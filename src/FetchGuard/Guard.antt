-- ===== src/FetchGuard/Guard.antt =====
-- The URL checks of src/fetch_guard.rs. URL parsing (the `url` crate), IP literals and DNS are
-- functions of `Net`; an error text is the constructor of `GuardError` that names its case.
use stophammer.Common.{
  ℕ, Bool, true, false, not, ◌||◌, Option, none, some, List, [], ◌∷◌, String, str_eq, is_some,
  if◌then◌else◌,
}
use stophammer.FetchGuard.Address.{IpAddr, is_private_ip}

pub record SocketAddr : Type 0 where
  pub ip : IpAddr
  pub port : ℕ

-- What the code reads of a `url::Url`.
pub record Url : Type 0 where
  pub scheme : String
  pub username : String
  pub password : Option String
  pub host_str : Option String
  pub port_or_known_default : Option ℕ
  pub text : String

pub record Net : Type 0 where
  pub parse : String → Option Url
  pub join : Url → String → Option Url
  pub parse_ip : String → Option IpAddr
  pub to_socket_addrs : String → ℕ → Option (List SocketAddr)

pub data GuardError : Type 0 where
  invalid_url : GuardError
  disallowed_scheme : String → GuardError
  no_host : GuardError
  private_ip : IpAddr → GuardError
  dns_failed : String → GuardError
  no_addresses : String → GuardError
  node_url_rejected : String → GuardError

pub data Checked {ℓ} (A : Type ℓ) : Type ℓ where
  ok : A → Checked A
  err : GuardError → Checked A

infixl 5 ◌>>=◌
abbrev pub ◌>>=◌ {ℓ κ} : {A : Type ℓ} {B : Type κ} → Checked A → (A → Checked B) → Checked B
ok a >>= f = f a
err e >>= f = err e

abbrev pub or_err {ℓ} : {A : Type ℓ} → Option A → GuardError → Checked A
or_err none e = err e
or_err (some a) e = ok a

unfoldable pub port_or_443 : Option ℕ → ℕ
port_or_443 none = 443
port_or_443 (some p) = p

unfoldable pub is_http : String → Bool
is_http scheme = str_eq scheme "http" || str_eq scheme "https"

-- The loop over the resolved addresses: the first private one is the error.
unfoldable pub first_private : List SocketAddr → Option IpAddr
first_private [] = none
first_private (a ∷ rest) = if is_private_ip a.ip then some a.ip else first_private rest

abbrev pub unless_private : List SocketAddr → Option IpAddr → Checked (List SocketAddr)
unless_private l none = ok l
unless_private l (some ip) = err (private_ip ip)

unfoldable pub check_resolved : String → List SocketAddr → Checked (List SocketAddr)
unfolding first_private
check_resolved host [] = err (no_addresses host)
check_resolved host (a ∷ rest) = unless_private (a ∷ rest) (first_private (a ∷ rest))

-- The tests of `is_url_ssrf_safe` on what DNS gave: no address is unsafe, and so is a private one.
unfoldable pub all_public : List SocketAddr → Bool
all_public [] = true
all_public (a ∷ rest) = if is_private_ip a.ip then false else all_public rest

unfoldable pub resolved_safe : List SocketAddr → Bool
unfolding all_public
resolved_safe [] = false
resolved_safe (a ∷ rest) = all_public (a ∷ rest)

module _ (net : Net) where
  abbrev pub literal_or_lookup : String → ℕ → Option IpAddr → Checked (List SocketAddr)
  literal_or_lookup host port (some ip) =
      if is_private_ip ip then err (private_ip ip) else ok (record { ip = ip; port = port } ∷ [])
  literal_or_lookup host port none =
      or_err (net.to_socket_addrs host port) (dns_failed host) >>= check_resolved host

  -- The host of a URL: a literal address that is not private, or all the addresses that DNS gives.
  unfoldable pub resolve_host : String → ℕ → Checked (List SocketAddr)
  unfolding check_resolved
  resolve_host host port = literal_or_lookup host port (net.parse_ip host)

  unfoldable pub validate_feed_url : String → Checked (List SocketAddr)
  unfolding resolve_host is_http port_or_443
  validate_feed_url feed_url = do
    url ← or_err (net.parse feed_url) invalid_url
    if not (is_http url.scheme) then err (disallowed_scheme url.scheme) else do
      host ← or_err url.host_str no_host
      resolve_host host (port_or_443 url.port_or_known_default)

  unfoldable pub resolve_and_validate_url : Url → Checked (String × List SocketAddr)
  unfolding resolve_host is_http port_or_443
  resolve_and_validate_url url =
      if not (is_http url.scheme) then err (disallowed_scheme url.scheme) else do
        host ← or_err url.host_str no_host
        addrs ← resolve_host host (port_or_443 url.port_or_known_default)
        ok (host, addrs)

  abbrev pub lookup_safe : Option (List SocketAddr) → Bool
  lookup_safe none = false
  lookup_safe (some addrs) = resolved_safe addrs

  abbrev pub literal_or_lookup_safe : String → ℕ → Option IpAddr → Bool
  literal_or_lookup_safe host port (some ip) = not (is_private_ip ip)
  literal_or_lookup_safe host port none = lookup_safe (net.to_socket_addrs host port)

  unfoldable pub is_host_ssrf_safe : String → ℕ → Bool
  unfolding resolved_safe
  is_host_ssrf_safe host port = literal_or_lookup_safe host port (net.parse_ip host)

  unfoldable pub is_url_ssrf_safe : Url → Bool
  unfolding is_host_ssrf_safe is_http port_or_443
  is_url_ssrf_safe url =
      if not (is_http url.scheme)
      then false
      else if not (str_eq url.username "") || is_some url.password
      then false
      else elim url.host_str [
        | none ↦ false
        | some host ↦ is_host_ssrf_safe host (port_or_443 url.port_or_known_default)
      ]

  unfoldable pub validate_node_url : String → Checked (Unit {0})
  unfolding is_url_ssrf_safe
  validate_node_url node_url = do
    url ← or_err (net.parse node_url) invalid_url
    if not (is_url_ssrf_safe url) then err (node_url_rejected node_url) else ok tt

• **Exercise goal**: Using the entries shown above, reproduce verbatim the lines from the line bearing "pub record Net : Type 0 where" to the line bearing "-- The tests", inclusive.

• **Output of the task**:
pub record Net : Type 0 where
  pub parse : String → Option Url
  pub join : Url → String → Option Url
  pub parse_ip : String → Option IpAddr
  pub to_socket_addrs : String → ℕ → Option (List SocketAddr)

pub data GuardError : Type 0 where
  invalid_url : GuardError
  disallowed_scheme : String → GuardError
  no_host : GuardError
  private_ip : IpAddr → GuardError
  dns_failed : String → GuardError
  no_addresses : String → GuardError
  node_url_rejected : String → GuardError

pub data Checked {ℓ} (A : Type ℓ) : Type ℓ where
  ok : A → Checked A
  err : GuardError → Checked A

infixl 5 ◌>>=◌
abbrev pub ◌>>=◌ {ℓ κ} : {A : Type ℓ} {B : Type κ} → Checked A → (A → Checked B) → Checked B
ok a >>= f = f a
err e >>= f = err e

abbrev pub or_err {ℓ} : {A : Type ℓ} → Option A → GuardError → Checked A
or_err none e = err e
or_err (some a) e = ok a

unfoldable pub port_or_443 : Option ℕ → ℕ
port_or_443 none = 443
port_or_443 (some p) = p

unfoldable pub is_http : String → Bool
is_http scheme = str_eq scheme "http" || str_eq scheme "https"

-- The loop over the resolved addresses: the first private one is the error.
unfoldable pub first_private : List SocketAddr → Option IpAddr
first_private [] = none
first_private (a ∷ rest) = if is_private_ip a.ip then some a.ip else first_private rest

abbrev pub unless_private : List SocketAddr → Option IpAddr → Checked (List SocketAddr)
unless_private l none = ok l
unless_private l (some ip) = err (private_ip ip)

unfoldable pub check_resolved : String → List SocketAddr → Checked (List SocketAddr)
unfolding first_private
check_resolved host [] = err (no_addresses host)
check_resolved host (a ∷ rest) = unless_private (a ∷ rest) (first_private (a ∷ rest))

-- The tests of `is_url_ssrf_safe` on what DNS gave: no address is unsafe, and so is a private one.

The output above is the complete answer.